Almost everyone wrongly believes that Medicare was heroically enacted over the objections of the health insurers. This is yet another widely accepted myth that just ain't so. True, the healthcos fought Medicare for years, and successfully blocked it - until it was no longer profitable for them to insure those over 65. The industry then dropped its opposition, urged "reform", and Medicare was promptly enacted. The bill enabling government health insurance for seniors, very popular then and now, passed in 1965 with the blessing of the healthcos.
Private health insurers have thrived since then primarily by selling insurance for those under 65. But as higher prices drive enrollments down, they are now fast losing customers. They need a government handout to stay viable. So, once again, they support "reform" - this time, to get the government mandates and subsidies they know they need.

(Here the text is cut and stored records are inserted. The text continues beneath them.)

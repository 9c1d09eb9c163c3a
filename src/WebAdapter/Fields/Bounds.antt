-- ===== src/WebAdapter/Fields/Bounds.antt =====
-- webadapter.py: the bounds of the fields that are accepted.
use opencode_optimised_tooli.Prelude.{
  Bool, Bool-cases, Option, Option-cases, Text, [], ap, arith, codes, contains, false, inl, inr,
  lookup, none, some, true, ℕ, ◌==◌, ◌||◌, ◌≡◌, ◌≤◌, list_eq, nat_eq, pair_eq, string_eq,
}
use opencode_optimised_tooli.Query.Types.{
  Setup, RawTextQuery, valid_language_code, is_digits, int_of,
}
use opencode_optimised_tooli.WebAdapter.Types.{ok, Form, Preferences}
use opencode_optimised_tooli.WebAdapter.Fields.{
  check_lang, parse_lang, last_language, check_time_range, parse_time_range, time_ranges,
  check_safesearch, choose_safesearch, parse_safesearch,
}

module _ (setup : Setup) where
  check_safesearch-le : (shown : Text) (m n : ℕ) → check_safesearch setup shown m ≡ ok n → n ≤ 2
  unfolding check_safesearch
  check_safesearch-le shown m n h = ground arith

  choose_safesearch-le :
      (m : ℕ) (field : Option Text) (n : ℕ) → choose_safesearch setup m field ≡ ok n → n ≤ 2
  unfolding choose_safesearch
  choose_safesearch-le m none n h = check_safesearch-le [] m n h
  choose_safesearch-le m (some s) n h = elim (Bool-cases (is_digits setup.unicode s)) [
    | inr e ↦ absurd (ground arith)
    | inl e ↦ elim (Option-cases (int_of setup.unicode s)) [
      | inl e2 ↦ absurd (ground arith)
      | inr (k, e2) ↦ check_safesearch-le s k n (ground arith)
    ]
  ]

  pub parse_safesearch-le :
      (p : Preferences) (form : Form) (n : ℕ)
      → p.safesearch ≤ 2
      → parse_safesearch setup p form ≡ ok n
      → n ≤ 2
  unfolding parse_safesearch
  parse_safesearch-le p form n h e =
      ground (arith, choose_safesearch-le p.safesearch (lookup (codes "safesearch") form) n)

check_time_range-known :
    (field : Option Text) (t : Text)
    → check_time_range field ≡ ok (some t)
    → contains t time_ranges ≡ true
unfolding check_time_range
check_time_range-known none t h = absurd (ground arith)
check_time_range-known (some s) t h = elim (Bool-cases (contains s time_ranges)) [
  | inl e ↦ ground (arith, ap (λ x. contains x time_ranges))
  | inr e ↦ absurd (ground arith)
]

pub parse_time_range-known :
    (form : Form) (t : Text) → parse_time_range form ≡ ok (some t) → contains t time_ranges ≡ true
unfolding parse_time_range
parse_time_range-known form t h = check_time_range-known (lookup (codes "time_range") form) t h

abbrev pub is_language : Text → Bool
is_language l = valid_language_code l || (l == codes "auto")

check_lang-valid : (m l : Text) → check_lang m ≡ ok l → is_language l ≡ true
unfolding check_lang
check_lang-valid m l h = elim (Bool-cases (is_language m)) [
  | inl e ↦ ground (arith, ap is_language)
  | inr e ↦ absurd (ground arith)
]

-- A language is an accepted code or "auto", unless it is locked.
pub parse_lang-valid :
    (p : Preferences) (form : Form) (raw : RawTextQuery) (l : Text)
    → contains (codes "language") p.lock ≡ false
    → parse_lang p form raw ≡ ok l
    → is_language l ≡ true
unfolding parse_lang
parse_lang-valid p form raw l free h =
    let language = last_language raw.languages (lookup (codes "language") form) p.language in
    check_lang-valid language l (ground arith)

The "reform" they want will put them on the dole, with a transfusion directly to insurers from the public till. This is not a temporary bailout, it's permanent life support, with $1 trillion of government subsidies flowing to them over just the next ten years. It will keep the insurers healthy, enabling them to continue imposing useless overhead costs on policy holders - $3 trillion in the next decade, all down the drain, none of it for actual healthcare services.
The ten year total of over $4 trillion is about $13,000 for every man, woman and child in the U.S. We will pay out, as taxpayers or policyholders, more than $50,000 for every family of four, just to keep the healthcos in business, not for any discernible value-add they can even claim to deliver.
Enough of this nonsense. Shout out for single-payer Medicare For All, to be voted on in the House this fall. It's uniquely American and will cover everyone efficiently, costing less than we pay now for healthcare. It will save taxpayers the $1 trillion the new subsidies would otherwise cost over ten years, and instead of enabling continued waste of $3 trillion on overhead, it would divert that money to improving Medicare and extending it to cover everyone, no exceptions.